# EXERCISE DETAILS
Report each line of the entries below that has the word "always" in it.

--- DATASET EXTRACT Enclosed Below ---

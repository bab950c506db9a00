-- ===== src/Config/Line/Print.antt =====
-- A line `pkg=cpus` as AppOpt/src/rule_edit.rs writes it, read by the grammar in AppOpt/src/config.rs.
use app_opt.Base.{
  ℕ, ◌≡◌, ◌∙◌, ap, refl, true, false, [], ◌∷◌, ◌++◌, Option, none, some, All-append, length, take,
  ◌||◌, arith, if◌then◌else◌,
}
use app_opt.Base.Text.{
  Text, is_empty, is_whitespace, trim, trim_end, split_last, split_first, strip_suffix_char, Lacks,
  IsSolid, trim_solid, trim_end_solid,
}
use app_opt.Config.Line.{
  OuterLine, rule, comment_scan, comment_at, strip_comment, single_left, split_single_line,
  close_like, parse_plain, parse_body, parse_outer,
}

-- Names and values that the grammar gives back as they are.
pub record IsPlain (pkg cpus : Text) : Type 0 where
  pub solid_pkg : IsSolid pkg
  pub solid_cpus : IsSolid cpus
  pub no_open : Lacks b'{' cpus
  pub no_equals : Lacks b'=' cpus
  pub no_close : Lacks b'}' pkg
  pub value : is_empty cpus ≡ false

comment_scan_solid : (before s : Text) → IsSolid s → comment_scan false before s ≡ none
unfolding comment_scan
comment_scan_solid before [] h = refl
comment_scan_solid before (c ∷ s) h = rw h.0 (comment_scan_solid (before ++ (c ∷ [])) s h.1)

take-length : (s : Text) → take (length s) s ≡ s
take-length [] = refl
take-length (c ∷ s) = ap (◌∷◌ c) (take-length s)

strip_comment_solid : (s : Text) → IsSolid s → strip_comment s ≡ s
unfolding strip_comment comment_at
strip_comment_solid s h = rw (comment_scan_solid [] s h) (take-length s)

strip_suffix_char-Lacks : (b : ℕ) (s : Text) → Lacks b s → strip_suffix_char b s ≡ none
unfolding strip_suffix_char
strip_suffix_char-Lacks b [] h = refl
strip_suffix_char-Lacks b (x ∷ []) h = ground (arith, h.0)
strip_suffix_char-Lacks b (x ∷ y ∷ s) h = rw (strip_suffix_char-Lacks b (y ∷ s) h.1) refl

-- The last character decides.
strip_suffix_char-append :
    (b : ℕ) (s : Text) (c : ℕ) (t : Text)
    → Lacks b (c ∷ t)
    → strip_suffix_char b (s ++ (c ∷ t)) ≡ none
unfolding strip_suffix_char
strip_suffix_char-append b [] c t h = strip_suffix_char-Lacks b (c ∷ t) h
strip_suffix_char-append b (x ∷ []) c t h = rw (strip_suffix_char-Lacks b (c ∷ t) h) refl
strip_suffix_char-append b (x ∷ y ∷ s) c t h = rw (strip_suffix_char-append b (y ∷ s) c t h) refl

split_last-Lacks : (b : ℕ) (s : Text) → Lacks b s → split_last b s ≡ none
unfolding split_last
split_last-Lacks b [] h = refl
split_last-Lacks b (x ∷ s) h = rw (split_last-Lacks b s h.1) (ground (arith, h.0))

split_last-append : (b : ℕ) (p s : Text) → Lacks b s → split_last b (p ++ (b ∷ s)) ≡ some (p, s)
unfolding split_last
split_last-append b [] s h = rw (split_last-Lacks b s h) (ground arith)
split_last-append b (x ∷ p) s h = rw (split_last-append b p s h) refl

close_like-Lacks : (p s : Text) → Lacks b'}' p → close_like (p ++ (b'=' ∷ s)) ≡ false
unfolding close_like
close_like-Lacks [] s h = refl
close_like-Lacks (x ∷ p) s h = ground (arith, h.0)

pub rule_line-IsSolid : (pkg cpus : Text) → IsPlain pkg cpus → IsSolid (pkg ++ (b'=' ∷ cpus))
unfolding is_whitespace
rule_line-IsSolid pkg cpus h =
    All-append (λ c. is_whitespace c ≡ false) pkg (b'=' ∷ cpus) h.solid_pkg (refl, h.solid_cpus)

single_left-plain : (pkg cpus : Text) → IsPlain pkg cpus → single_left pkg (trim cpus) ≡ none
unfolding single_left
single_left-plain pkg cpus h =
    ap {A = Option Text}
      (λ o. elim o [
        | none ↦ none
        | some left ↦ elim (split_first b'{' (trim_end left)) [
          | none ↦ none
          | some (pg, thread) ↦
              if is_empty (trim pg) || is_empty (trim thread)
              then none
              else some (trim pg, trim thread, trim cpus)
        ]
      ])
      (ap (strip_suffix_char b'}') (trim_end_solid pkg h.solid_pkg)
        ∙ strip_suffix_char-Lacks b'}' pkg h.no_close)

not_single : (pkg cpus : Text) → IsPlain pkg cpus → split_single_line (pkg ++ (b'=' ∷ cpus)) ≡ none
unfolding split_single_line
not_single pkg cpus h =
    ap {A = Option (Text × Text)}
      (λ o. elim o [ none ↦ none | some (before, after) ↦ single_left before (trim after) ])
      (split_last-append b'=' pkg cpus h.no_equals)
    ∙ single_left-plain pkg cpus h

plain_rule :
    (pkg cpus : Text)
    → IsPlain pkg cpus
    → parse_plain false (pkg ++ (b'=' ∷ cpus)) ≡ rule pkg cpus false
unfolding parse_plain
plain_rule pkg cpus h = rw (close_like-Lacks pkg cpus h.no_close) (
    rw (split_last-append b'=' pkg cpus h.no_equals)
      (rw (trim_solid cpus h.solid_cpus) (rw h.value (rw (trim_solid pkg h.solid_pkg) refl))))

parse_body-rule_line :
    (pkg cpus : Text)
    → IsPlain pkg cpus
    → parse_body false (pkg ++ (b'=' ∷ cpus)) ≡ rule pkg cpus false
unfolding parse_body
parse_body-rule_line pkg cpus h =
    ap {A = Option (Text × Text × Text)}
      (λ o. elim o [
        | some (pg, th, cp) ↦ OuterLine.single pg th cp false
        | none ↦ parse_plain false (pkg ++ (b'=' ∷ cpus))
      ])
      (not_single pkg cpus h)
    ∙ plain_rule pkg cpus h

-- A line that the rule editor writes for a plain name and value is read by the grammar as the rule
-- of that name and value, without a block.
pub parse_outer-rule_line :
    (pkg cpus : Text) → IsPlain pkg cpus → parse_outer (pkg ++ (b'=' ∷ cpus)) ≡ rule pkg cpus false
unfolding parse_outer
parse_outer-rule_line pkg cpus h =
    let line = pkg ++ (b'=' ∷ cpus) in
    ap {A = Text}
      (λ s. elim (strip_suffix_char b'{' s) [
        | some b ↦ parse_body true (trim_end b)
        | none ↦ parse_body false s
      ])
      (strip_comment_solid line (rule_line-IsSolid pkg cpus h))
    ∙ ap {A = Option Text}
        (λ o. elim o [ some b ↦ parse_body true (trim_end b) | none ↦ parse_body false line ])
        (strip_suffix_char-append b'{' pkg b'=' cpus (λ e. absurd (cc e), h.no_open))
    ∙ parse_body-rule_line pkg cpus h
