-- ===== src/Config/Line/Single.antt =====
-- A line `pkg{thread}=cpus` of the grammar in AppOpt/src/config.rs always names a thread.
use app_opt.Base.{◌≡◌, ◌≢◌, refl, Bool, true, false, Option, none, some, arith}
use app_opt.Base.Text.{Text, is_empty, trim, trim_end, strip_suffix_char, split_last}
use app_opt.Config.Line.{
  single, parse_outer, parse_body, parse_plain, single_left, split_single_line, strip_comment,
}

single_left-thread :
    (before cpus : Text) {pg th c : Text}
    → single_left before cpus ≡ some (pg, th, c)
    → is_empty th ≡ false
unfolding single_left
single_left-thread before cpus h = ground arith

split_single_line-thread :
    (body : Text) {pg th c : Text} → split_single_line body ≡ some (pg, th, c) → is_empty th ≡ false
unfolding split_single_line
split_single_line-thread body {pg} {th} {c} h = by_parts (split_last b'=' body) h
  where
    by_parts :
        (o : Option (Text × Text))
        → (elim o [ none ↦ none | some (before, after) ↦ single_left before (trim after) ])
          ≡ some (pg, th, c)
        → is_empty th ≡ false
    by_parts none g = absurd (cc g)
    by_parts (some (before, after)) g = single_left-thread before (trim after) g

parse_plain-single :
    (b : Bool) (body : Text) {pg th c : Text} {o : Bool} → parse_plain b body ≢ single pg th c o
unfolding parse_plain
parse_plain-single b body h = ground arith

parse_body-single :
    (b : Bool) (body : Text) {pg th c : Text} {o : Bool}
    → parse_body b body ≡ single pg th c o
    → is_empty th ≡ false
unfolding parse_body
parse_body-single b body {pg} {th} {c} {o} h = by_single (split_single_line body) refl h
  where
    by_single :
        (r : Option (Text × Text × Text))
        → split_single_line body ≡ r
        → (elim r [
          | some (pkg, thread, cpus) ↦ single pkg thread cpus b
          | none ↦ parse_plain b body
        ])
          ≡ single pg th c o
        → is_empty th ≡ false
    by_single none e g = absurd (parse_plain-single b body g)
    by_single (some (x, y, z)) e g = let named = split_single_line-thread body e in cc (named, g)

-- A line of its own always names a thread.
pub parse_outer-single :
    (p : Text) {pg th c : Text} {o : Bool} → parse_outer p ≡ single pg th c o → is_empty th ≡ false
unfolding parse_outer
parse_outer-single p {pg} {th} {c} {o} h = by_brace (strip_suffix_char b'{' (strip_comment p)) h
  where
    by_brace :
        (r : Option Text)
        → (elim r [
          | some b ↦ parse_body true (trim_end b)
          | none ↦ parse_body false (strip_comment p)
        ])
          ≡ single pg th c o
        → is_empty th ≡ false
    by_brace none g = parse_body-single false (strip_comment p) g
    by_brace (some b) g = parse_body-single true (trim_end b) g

--- End of Enclosed DATASET EXTRACT ---

# WRITTEN REPLY
-- A line `pkg{thread}=cpus` of the grammar in AppOpt/src/config.rs always names a thread.
-- A line of its own always names a thread.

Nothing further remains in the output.